(CN) — A prefect storm is lashing Russia: oil prices have crashed, the economy is in free fall and the coronavirus pandemic is harshly exposing years of government neglect as stressed medics reportedly jump out of windows and medical staff describe working excruciating hours without breaks to even relieve themselves because of a shortage of protective gear.
This crisis is putting Russian President Vladimir Putin's authoritarian regime built around oil exports and government brutality to the test.
“It is the most serious challenge they have faced in the last 20 years,” Andrey Kortunov, the director general of the Moscow-based think tank Russian International Affairs Council, said in a telephone interview with Courthouse News. “It will be a bumpy road ahead.”
For weeks, Russia acted as if it was impervious to the coronavirus outbreak.
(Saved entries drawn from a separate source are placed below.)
-- ===== src/Flow/Text/Lines.antt =====
-- The number of the lines that WriteText writes (internal/flow/text.go).
use interactivecodebase.Base.{
  ℕ, suc, ◌+◌, ◌≡◌, refl, String, Bool, true, false, List, [], ◌∷◌, ◌++◌, length, ap, arith,
}
use interactivecodebase.Flow.Tree.{Step, step, Steps, nil, cons, visit, visit_all}
use interactivecodebase.Flow.Text.{write_text, write_child, write_children}

length-++ : {A : Type 0} (xs ys : List A) → length (xs ++ ys) ≡ length xs + length ys
length-++ [] ys = omega arith
length-++ (x ∷ xs) ys = grind (arith, length-++ xs ys)

length-++_cong :
    {A B : Type 0} (xs xs' : List A) (ys ys' : List B)
    → length xs ≡ length ys
    → length xs' ≡ length ys'
    → length (xs ++ xs') ≡ length (ys ++ ys')
length-++_cong xs xs' ys ys' h k = grind (arith, length-++ xs xs', length-++ ys ys')

mutual
  unfolding write_child visit

  length-write_child :
      (quote : String → String) (prefix : String) (last : Bool) (depth : ℕ) (s : Step)
      → length (write_child quote prefix last s) ≡ length (visit depth s)
  length-write_child quote prefix last depth (step i ss) =
      ap suc (length-write_children quote _ (suc depth) ss)

  length-write_children :
      (quote : String → String) (prefix : String) (depth : ℕ) (ss : Steps)
      → length (write_children quote prefix ss) ≡ length (visit_all depth ss)
  length-write_children quote prefix depth nil = refl
  length-write_children quote prefix depth (cons s nil) =
      grind (arith, length-write_child quote prefix true depth s, length-++ (visit depth s) [])
  length-write_children quote prefix depth (cons s (cons t more)) =
      length-++_cong _ _ _ _ (length-write_child quote prefix false depth s)
        (length-write_children quote prefix depth (cons t more))

-- WriteText writes one line for each step that Walk visits.
pub length-write_text :
    (quote : String → String) (s : Step) → length (write_text quote s) ≡ length (visit 0 s)
unfolding write_text visit
length-write_text quote (step i ss) = ap suc (length-write_children quote "" 1 ss)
After closing its long border with China at the end of January, it confidently said the virus wasn't a threat.
Government media likened the virus to the flu. Putin ignored it. He was consumed with the stuff of great powers: Wars, weaponry, espionage, treaties, oil markets. On the home front, he was concerned with political intrigue, squashing dissent and cementing his power by changing the constitution to become, in effect, president for life.
All the while, the virus was circulating as thousands of rich Russians returned to Moscow from European ski getaways in the Alps and winter holidays, bringing with them the coronavirus. An estimated 1.2 million people arrived in Moscow before international flights were stopped in late March. People arriving from Western Europe weren't being tested, though, and the virus spread undetected.
By the end of March, even Putin had to turn his attention to the inevitable truth: Russia was sick.
Since then, Russia has become one of the world's worst-hit countries by the pandemic with more than 252,000 confirmed cases — the second-highest after the United States — and more than 2,300 official deaths. The disease is mostly concentrated in Moscow, Russia's cosmopolitan capital with more than 12 million inhabitants.
“So many people thought it was a global joke, they thought it was all a joke. The government said it was just a flu, state TV said it was nothing to worry about,” said Anthony Louis, the editor of an online newspaper, the Moscow Tribune, in an interview. “It kind of hit home only when things started getting bad in Moscow. It was a complete mess until it was way too late.”
The stories from doctors and nurses in Russia are harrowing and a reflection of those heard in Italy, Spain, England and the United States, but with a harsh Russian twist. In Russia, despite many advances and growing wealth since the collapse of communism, the public health care system is creaky to say the least. About a third of medical facilities don't even have running water. Others are depressing bare-bones operations where it is not uncommon to find cockroaches running on the floor. On top of that, medical workers labor for poor pay under opaque directives and state intimidation.
Since March, at least three medics have fallen from windows, reportedly brought to despair over working conditions. Two have died and a third was in critical condition. The paramedic in critical condition, 37-year-old Alexander Shulepov, filmed a video alleging he was forced to work at a hospital in Voronezh, some 280 miles south of Moscow, even though he had tested positive for Covid-19, the respiratory disease caused by the coronavirus. Police are investigating the incidents.
There is a big difference between hospitals in Moscow and those outside the capital.
In Moscow, the epicenter of Russia's outbreak, the hospital system is described as modern and better equipped to handle the wave of coronavirus patients.